TASK STATEMENT
Going down the data below, set down exactly the line with "let i = external_options o in" and each line after it through the line with "if is_unset o.external_auth_to_entity"; no other lines.

◇ ◇ ◇

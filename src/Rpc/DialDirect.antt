-- ===== src/Rpc/DialDirect.antt =====
-- rpc/dialer.go: dialDirectGRPC with dialExternalAuthEntity, and cacheKey, where the context has no
-- dialer. What a TLS handshake, grpc.DialContext and Close answer is the record Endpoints; the options
-- of gRPC that do not depend on the caller's, the statistics and the interceptors are left out.
-- Connections are numbers.
pub mod Plaintext
pub mod External
pub mod CacheKey
mod Tests
use Prim.Native.String.{◌++◌ as append}
use goutils.Common.{
  ℕ, String, Bool, true, false, not, ◌&&◌, ◌||◌, Option, none, some, List, [], ◌∷◌, ◌++◌,
  if◌then◌else◌, str_eq,
}
use goutils.Rpc.DialOptions.{
  Credentials, no_credentials, DialOptions, TlsConfig, new_default_tls_config,
}
use goutils.Rpc.Dial.{Outcome, done, failed, is_unset}

pub data Transport : Type 0 where
  plaintext : Transport
  tls : TlsConfig → Transport

-- perRPCJWTCredentials, with the connection on which it authenticates and that one's transport
pub record JwtCredentials : Type 0 where
  pub conn : Option (ℕ × Transport)
  pub entity : String
  pub external_auth_to_entity : String
  pub creds : Credentials
  pub access_token : String
  pub external_auth_material : String

-- grpc.WithPerRPCCredentials
pub data RpcAuth : Type 0 where
  no_auth : RpcAuth
  static_material : String → RpcAuth
  per_rpc : JwtCredentials → RpcAuth

-- the error of dialer.DialContext: none, "first record does not look like a TLS handshake", or another
pub data Handshake : Type 0 where
  speaks_tls : Handshake
  not_a_handshake : Handshake
  other_error : Handshake

pub record Endpoints : Type 0 where
  pub handshake : String → TlsConfig → Handshake
  -- grpc.DialContext
  pub dial_context : String → Transport → RpcAuth → Outcome ℕ
  pub close : ℕ → List String

-- A connection; `close_creds` is the one that its Close closes behind it.
pub record DirectConn : Type 0 where
  pub conn : ℕ
  pub transport : Transport
  pub auth : RpcAuth
  pub close_creds : Option ℕ

-- the outcome, and the connections that were closed
pub record Direct : Type 0 where
  pub outcome : Outcome DirectConn
  pub closed : List ℕ

abbrev pub config_or_default : Option TlsConfig → TlsConfig
config_or_default none = new_default_tls_config
config_or_default (some c) = c

abbrev pub has_local_creds : DialOptions → Bool
has_local_creds o = not (is_unset o.creds.kind) && is_unset o.external_auth_addr

abbrev insecure_with_credentials : Outcome Transport
insecure_with_credentials =
    failed ("requested address is insecure and will not send credentials" ∷ [])

abbrev pub downgraded : DialOptions → TlsConfig → Outcome Transport
downgraded o c =
    if is_unset o.creds.kind || not (has_local_creds o) || o.allow_insecure_with_creds_downgrade
    then done plaintext
    else if has_local_creds o
    then insecure_with_credentials
    else done (tls c)

abbrev pub probed : DialOptions → TlsConfig → Handshake → Outcome Transport
probed o c speaks_tls = done (tls c)
probed o c not_a_handshake = downgraded o c
probed o c other_error = done (tls c)

unfoldable pub transport_of : Endpoints → String → DialOptions → Outcome Transport
transport_of ep address o =
    let c = config_or_default o.tls_config in
    if o.insecure
    then done plaintext
    else if o.allow_insecure_downgrade || o.allow_insecure_with_creds_downgrade
    then probed o c (ep.handshake address c)
    else done (tls c)

abbrev pub jwt_credentials : DialOptions → JwtCredentials
jwt_credentials o = record {
  conn = none;
  entity = o.auth_entity;
  external_auth_to_entity = "";
  creds = o.creds;
  access_token = "";
  external_auth_material = o.external_auth_material;
}

-- rpcCreds with the external connection
abbrev pub external_credentials : DialOptions → DirectConn → JwtCredentials
external_credentials o x = record (jwt_credentials o) {
  conn = some (x.conn, x.transport);
  external_auth_to_entity = o.external_auth_to_entity;
}

-- *connPtr = conn
abbrev pub on_own_conn : ℕ → Transport → RpcAuth → RpcAuth
on_own_conn c t no_auth = no_auth
on_own_conn c t (static_material m) = static_material m
on_own_conn c t (per_rpc j) = per_rpc (record j { conn = some (c, t) })

abbrev pub opened : Transport → RpcAuth → Outcome ℕ → Direct
opened t auth (failed e) = record { outcome = failed e; closed = [] }
opened t auth (done c) = record {
  outcome =
      done (record { conn = c; transport = t; auth = on_own_conn c t auth; close_creds = none });
  closed = [];
}

abbrev pub opened_with : Endpoints → Transport → JwtCredentials → ℕ → Outcome ℕ → Direct
opened_with ep t j x (failed e) = record { outcome = failed (e ++ ep.close x); closed = x ∷ [] }
opened_with ep t j x (done c) = record {
  outcome = done (record { conn = c; transport = t; auth = per_rpc j; close_creds = some x });
  closed = [];
}

abbrev pub with_external :
    Endpoints → String → DialOptions → Transport → Direct → Outcome DirectConn → Direct
with_external ep address o t d (failed e) = record { outcome = failed e; closed = d.closed }
with_external ep address o t d (done x) =
    opened_with ep t (external_credentials o x) x.conn
      (ep.dial_context address t (per_rpc (external_credentials o x)))

-- dialDirectGRPC behind the choice of the transport, given what dialExternalAuthEntity does
abbrev pub connected : Endpoints → String → DialOptions → Direct → Transport → Direct
connected ep address o external t =
    let statically =
      opened t (static_material o.auth_material)
        (ep.dial_context address t (static_material o.auth_material)) in
    let plainly = opened t no_auth (ep.dial_context address t no_auth) in
    let itself =
      opened t (per_rpc (jwt_credentials o))
        (ep.dial_context address t (per_rpc (jwt_credentials o))) in
    let externally = with_external ep address o t external external.outcome in
    if not (is_unset o.auth_material)
    then statically
    else if not (is_unset o.creds.kind) || not (is_unset o.external_auth_material)
    then (if is_unset o.external_auth_addr then itself else externally)
    else plainly

abbrev pub over : Endpoints → String → DialOptions → Direct → Outcome Transport → Direct
over ep address o external (failed e) = record { outcome = failed e; closed = [] }
over ep address o external (done t) = connected ep address o external t

abbrev pub external_options : DialOptions → DialOptions
external_options o = record o {
  external_auth_addr = "";
  insecure = o.external_auth_insecure;
  external_auth_material = "";
  creds = no_credentials;
  auth_entity = "";
  tls_config = some new_default_tls_config;
}

abbrev pub no_direct : List String → Direct
no_direct e = record { outcome = failed e; closed = [] }

-- dialExternalAuthEntity, whose options have no external address
unfoldable pub dial_external_auth_entity : Endpoints → DialOptions → Direct
unfolding transport_of
dial_external_auth_entity ep o =
    let i = external_options o in
    let d =
      over ep o.external_auth_addr i (no_direct []) (transport_of ep o.external_auth_addr i) in
    if is_unset o.external_auth_to_entity
    then no_direct ("external auth address set but no authenticate to option set" ∷ [])
    else d

unfoldable pub dial_direct_grpc : Endpoints → String → DialOptions → Direct
unfolding transport_of dial_external_auth_entity
dial_direct_grpc ep address o =
    over ep address o (dial_external_auth_entity ep o) (transport_of ep address o)

-- what cacheKey gives to its hash
unfoldable pub cache_text : DialOptions → String
cache_text o = append o.auth_entity (
    append o.creds.kind (
      append o.creds.payload (
        append o.external_auth_addr (
          append o.external_auth_to_entity (
            append o.external_auth_material (
              append o.webrtc_opts.signaling_server_address (
                append o.webrtc_opts.signaling_external_auth_address (
                  append o.webrtc_opts.signaling_external_auth_to_entity (
                    append o.webrtc_opts.signaling_external_auth_auth_material (
                      append o.webrtc_opts.signaling_creds.kind
                        o.webrtc_opts.signaling_creds.payload))))))))))

unfoldable pub cache_key : (String → String) → DialOptions → String
unfolding cache_text
cache_key hash o = hash (cache_text o)
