-- ===== src/Rpc/ClientAuth.antt =====
-- rpc/dialer.go: perRPCJWTCredentials, the token that a client's calls carry, and the interceptor of
-- rpc/client_interceptors.go that forgets it. The methods Authenticate and AuthenticateTo of the server
-- are the record AuthClient; a call takes the state of the server with it. authenticate is one step: it
-- holds the lock but for a first look at the token.
pub mod Calls
mod Tests
use Prim.Native.String.{◌++◌ as append}
use goutils.Common.{
  ℕ, String, Bool, true, false, Option, none, some, List, [], ◌∷◌, ◌||◌, if◌then◌else◌, has_suffix,
}
use goutils.Rpc.DialOptions.{Credentials}
use goutils.Rpc.Dial.{Outcome, done, failed, is_unset}
use goutils.Rpc.DialDirect.{JwtCredentials}

-- the codes of the errors of a call that the interceptor looks at
pub data Code : Type 0 where
  ok_code : Code
  unauthenticated : Code
  permission_denied : Code
  other_code : Code

module _ (S : Type 0) where
  -- the access token that the response has, and the state of the server behind the call
  pub record AuthClient : Type 0 where
    pub authenticate : S → String → Credentials → Outcome String × S
    -- with the header "authorization" and the entity
    pub authenticate_to : S → String → String → Outcome String × S

module _ {S : Type 0} where
  abbrev pub kept : JwtCredentials → Outcome String × S → Outcome String × (JwtCredentials × S)
  kept j (failed e, s) = (failed e, (j, s))
  kept j (done token, s) = (done token, (record j { access_token = token }, s))

  abbrev pub bearer :
      Outcome String × (JwtCredentials × S) → Outcome (Option String) × (JwtCredentials × S)
  bearer (failed e, s) = (failed e, s)
  bearer (done token, s) = (done (some (append "Bearer " token)), s)

  -- the token to go on with, which is still to be given to the external server
  abbrev pub own_token : AuthClient S → JwtCredentials → S → Outcome String × S
  own_token client j s =
      let sent = client.authenticate s j.entity j.creds in
      if is_unset j.external_auth_material then sent else (done j.external_auth_material, s)

  abbrev pub external_token :
      AuthClient S → JwtCredentials → Outcome String × S → Outcome String × S
  external_token client j (failed e, s) = (failed e, s)
  external_token client j (done token, s) =
      let sent = client.authenticate_to s (append "Bearer " token) j.external_auth_to_entity in
      if is_unset j.external_auth_to_entity then (done token, s) else sent

  -- perRPCJWTCredentials.authenticate
  unfoldable pub authenticate :
      AuthClient S → JwtCredentials → S → Outcome String × (JwtCredentials × S)
  authenticate client j s =
      let fresh = kept j (external_token client j (own_token client j s)) in
      if is_unset j.access_token then fresh else (done j.access_token, (j, s))

-- UnaryClientInvalidAuthInterceptor, behind the call
abbrev pub forgets : Code → Bool
forgets unauthenticated = true
forgets permission_denied = true
forgets c = false

unfoldable pub intercept : Code → JwtCredentials → JwtCredentials
intercept c j = if forgets c then record j { access_token = "" } else j

abbrev pub is_auth_service : List String → Bool
is_auth_service [] = false
is_auth_service (uri ∷ uris) = has_suffix uri "/proto.rpc.v1.AuthService" || is_auth_service uris

-- GetRequestMetadata
unfoldable pub get_request_metadata :
    {S : Type 0}
    → AuthClient S
    → List String
    → JwtCredentials
    → S
    → Outcome (Option String) × (JwtCredentials × S)
unfolding authenticate
get_request_metadata client uris j s =
    let answer = bearer (authenticate client j s) in
    if is_auth_service uris then (done none, (j, s)) else answer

◇ ◇ ◇

SOLUTION
    let i = external_options o in
    let d =
      over ep o.external_auth_addr i (no_direct []) (transport_of ep o.external_auth_addr i) in
    if is_unset o.external_auth_to_entity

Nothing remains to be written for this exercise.